Édouard's jaw tightened some more and he briefly looked out the window before meeting her eyes again.
"That fucker Barbier made just enough sense for you, didn't he?"
Laur blinked, shock reverberating inside her as her body went numb. "Édouard—"
"You didn't tell me about what he did, you didn't let me pursue him after," Édouard shook his head in anger and disbelief. "You kept trying to save him—to stop me from killing him—fuck, Laur, that bastard made perfect sense to you and I'm the cruel and stubborn scoundrel who forced himself in between, aren't I?"
Laurentine's heart was slamming in her ribcage. Mon Dieu, was this what her husband thought of her? Associating her with a man for whom she could not even bring herself to garner a polite thought, no matter all the years since she had known him during her time at Roses Bleues? But then again, Laur hadn't told Édouard of this, had she? He shared nothing—asked nothing—and in turn she had said nothing. That had been wrong of her, regardless of the deep rooted anger Édouard had and how he continued to treat her, she should not have hidden things from him. Atleast, she should have shared what she could, regardless of the insignificance.
He was her husband, he was more than any man could ever be to her. Of course she should not have hidden the matter concerning Charles Barbier from him.
"When we met—," He let out, his hands fisting. "You said you didn't—fuck, you didn't imply that you had—that there was someone else in your life. That dinner—you didn't say anything even then and I thought—"
"Édouard," Laur spoke softly, raising her right hand to hold the side of his face again.
His jaw tightened as he tried to move his face away, but once her palm touched skin he stopped and gave in, meeting her eyes with a fierceness as though he was ready to swallow whatever lie—he looked like he believed she was going to lie—she would give to him.

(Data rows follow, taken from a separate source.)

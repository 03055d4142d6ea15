-- ===== src/Tests/Messages.antt =====
-- Examples for the messages of src/cw/message.c and src/cw/conn.c: a message set with one element, a result
-- code, and a request of type 1 without elements.
use actube.Base.{
  ◌<◌, IsBytes, ℕ, ◌+◌, ◌-◌, ◌%◌, ◌≤◌, ◌≡◌, refl, ◌↔◌, ◌⊎◌, arith, Mem, true, false, none, some,
  List, [], ◌∷◌, ◌==◌, get_dword, get_word, if◌then◌else◌, pos, negsuc,
}
use actube.Header.{get_hdr_msg_offset, get_msg_type, get_msg_seqnum, get_hdr_hlen}
use actube.MsgSet.{ElemData, ElemHandler, MsgData, MsgSet}
use actube.Message.{
  Params, foreach_elem, addelem, decode_at, decode_element, decode_elements, encode_elements,
}
use actube.Message.Elems.{IsElem, Elem, Laid, Visits, foldl, offsets, foreach_elem_ends}
use actube.Message.Encode.{Handled, none_left, with_put, Selected}
use actube.Message.Decode.{Refused, Taken, decode_element-Taken, decode_elements-encode_elements}
use actube.Message.Put.{addelem-Put, addelem-IsElem}
use actube.Conn.Process.{
  search_message, detect, check_len, send_error_response, Conn, Outside, is_request, seqnum_ok,
  process_message, process_elements,
}
use actube.Conn.Process.Error.{Answer, send_error_response-Answer}
use actube.Conn.Seqnum.{Repeated, seqnum_ok_iff, process_message_twice}

abbrev blank : Mem
blank i = 0

abbrev code : Mem
code i = 2

-- Four bytes of data under the id 33; what `get` reads becomes the state.
abbrev put_code : ℕ → Mem → ℕ → ℕ × Mem × ℕ
put_code s m dst = (s, (addelem m dst 33 code 4).0, (addelem m dst 33 code 4).1)

abbrev handler : ElemHandler ℕ
handler = record {
  id = 33;
  key = 1;
  vendor = 0;
  proto = 0;
  min_len = 4;
  max_len = 4;
  get = some (λ s m len. (m 0, pos 0));
  put = some put_code;
}

abbrev elem : ElemData
elem = record { proto = 0; vendor = 0; id = 33; mand = true }

abbrev msgdata : MsgData ℕ
msgdata = record {
  type = 1;
  states = record { state = 3; next = 5 } ∷ [];
  receiver = 1;
  elements_tree = λ p v i. if i == 33 then some elem else none;
  elements_list = elem ∷ [];
  mand_keys = 1 ∷ [];
  preprocess = none;
  postprocess = none;
}

abbrev msgset : MsgSet ℕ
msgset = record {
  get_msgdata = λ t. if t == 1 then some msgdata else none;
  get_elemhandler = λ p v i. if i == 33 then some handler else none;
}

addelem-IsElem_example :
    IsElem (addelem blank 8 33 code 4).0 8 (record { id = 33; len = 4; content = code })
    × ((addelem blank 8 33 code 4).1 ≡ 4 + 4)
    × ((i : ℕ) → (i < 8) ⊎ (8 + (4 + 4) ≤ i) → (addelem blank 8 33 code 4).0 i ≡ blank i)
addelem-IsElem_example = addelem-IsElem blank 8 33 4 (omega arith) (omega arith) code

list-Handled : Handled msgset (elem ∷ [])
list-Handled =
    with_put handler put_code refl refl
      (λ s m dst. addelem-Put m dst 33 4 (omega arith) (omega arith) code) none_left

abbrev no_params : Params ℕ
no_params = record { state = 0; mand_found = some (λ k. false); unrecognized = some [] }

decode_elements-encode_elements_example :
    (s' : ℕ) × (m' : Mem) × (len : ℕ) × (xs : List Elem) × (encode_elements
        (λ s k. true)
        msgset
        16
        (elem ∷ [])
        (0, blank, 0)
      ≡ some (s', m', len))
    × Selected msgset (elem ∷ []) xs
    × Laid m' 16 xs (16 + len)
    × (decode_elements msgset (some msgdata) m' no_params 16 len
        ≡ foldl (decode_at msgset (some msgdata) m') no_params (offsets 16 xs))
decode_elements-encode_elements_example =
    decode_elements-encode_elements (λ s k. true) msgset msgset (some msgdata) no_params 16
      (elem ∷ []) 0 blank list-Handled

decode_element-Taken_example :
    Refused msgset
      (some msgdata)
      no_params
      0
      0
      33
      4
      (decode_element msgset (some msgdata) no_params 0 0 33 code 4)
    ⊎ Taken msgset
        (some msgdata)
        no_params
        0
        0
        33
        code
        4
        (decode_element msgset (some msgdata) no_params 0 0 33 code 4)
decode_element-Taken_example = decode_element-Taken msgset (some msgdata) no_params 0 0 33 code 4

foreach_elem_ends_example :
    (es : List ℕ) × Visits code 0 (0 + 600) es
    × (foreach_elem (λ a e. a + 1) code 600 0 (0 + 600) 0 ≡ foldl (λ a e. a + 1) 0 es)
foreach_elem_ends_example = foreach_elem_ends (λ a e. a + 1) code 0 600 0

-- A header of eight bytes; type 1, sequence number 5, no elements.
abbrev request : Mem
request i =
    if i == 1 then 16 else if i == 11 then 1 else if i == 12 then 5 else if i == 14 then 3 else 0

abbrev outside : Outside ℕ
outside = record {
  load_msg_set = λ s m len elems_len. some msgset;
  setup = λ s. s;
  get_msg_cb = λ s t. none;
  clear_update = λ s. s;
  set_result_code = λ s rc. s;
  base_exists = λ s k. true;
}

abbrev conn_in : ℕ → Conn ℕ
conn_in state = record {
  role = 1;
  capwap_state = state;
  capwap_prevstate = 0;
  strict_hdr = false;
  detected = true;
  seqnum = negsuc 0;
  last_seqnum_received = negsuc 0;
  wbid = 1;
  base_rmac = none;
  req_buffer = blank;
  resp_buffer = blank;
  msgset = msgset;
  state = 0;
  sent = [];
}

seqnum_ok_iff_example :
    (seqnum_ok (pos 250) 3 ≡ true) ↔ ((1 ≤ (3 + 256 - 250) % 256) × ((3 + 256 - 250) % 256 ≤ 127))
seqnum_ok_iff_example = seqnum_ok_iff 250 3 (omega arith) (omega arith)

-- A set that knows no message: the request is answered with an error.
abbrev no_messages : MsgSet ℕ
no_messages = record { get_msgdata = λ t. none; get_elemhandler = λ p v i. none }

abbrev stranger : Conn ℕ
stranger = record (conn_in 3) { msgset = no_messages }

abbrev answered : Conn ℕ
answered = send_error_response (record stranger { last_seqnum_received = pos 5 }) request 19

first_time : process_message outside stranger request 16 ≡ some (answered, negsuc 0)
unfolding process_message process_elements search_message detect check_len get_hdr_hlen get_dword
    get_word get_msg_seqnum
first_time = refl

request_is_request : is_request (get_msg_type request (get_hdr_msg_offset request 0)) ≡ true
unfolding get_hdr_hlen get_dword
request_is_request = refl

process_message_twice_example : Repeated answered (process_message outside answered request 20)
process_message_twice_example =
    process_message_twice outside stranger answered request 16 20 (negsuc 0) request_is_request refl
      first_time

blank-IsBytes : IsBytes blank
blank-IsBytes i = omega arith

request-IsBytes : IsBytes request
request-IsBytes i = ground arith

send_error_response-Answer_example :
    Answer stranger
      (send_error_response stranger request 19)
      (get_msg_type request (get_hdr_msg_offset request 0) + 1)
      (get_msg_seqnum request (get_hdr_msg_offset request 0))
      19
send_error_response-Answer_example =
    send_error_response-Answer stranger request 19 blank-IsBytes request-IsBytes tt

"Charles Barbier is only an acquaintaince," She managed, her blue eyes earnest. "Madame Camille introduced her nephew to all of us about four years ago because he had located to Paris and was looking to invest in a Conservatory. We all thought that was quite grand of him and he impressed all of us at first glance, but then before the week was over he had abandoned his plans and become interested in investing in a hotel chain. After that it was a resturant chain and then a circus, and now he believes he could try his hand at real estate."
Édouard exhaled through his nose, his eyes hardening, at the mention of Barbier or at Laur, she couldn't say.
"He has never been interesting to me, Édouard," Laur shook her head. "I've never cared about him at all. I don't understand why he would behave like he did. I don't feel anything for him. He has never been in my life the way you think he has."
Édouard's hazel eyes softened a little then, as he appeared to be drinking in her words.
"So please, don't think such harsh things about me," Laurentine's voice cracked. "I've always tried to be kind and good with everyone. With you, I know I make mistakes and force your anger and I'm so sorry for it. It has never been done purposefully and I just—"
It was then that Édouard's silk handkerchief wrapped palm grabbed hold of the side of her face, bringing her closer to him as her own hand on his face dropped to his shoulder.
"I've told you to never apologize to me for anything," He breathed, his forehead touching hers as her eyes fluttered close.
"I'm the one at fault, Laur," He uttered then, letting go of her and moving away, his hand shaking—from the pain of his knuckles or from having to move away, Laur couldn't tell.
"If I'm angry and fucking up, I'm the one at fault. I'm the one who keeps making mistakes. You don't deserve any of this, which is why I need you to stay away. I'll give you this world and everything in it if you ask for it, I'll lay the stars down for you, Laur. And in return, please stay away so that I cannot hurt you, because the guilt of it will have me burying myself alive."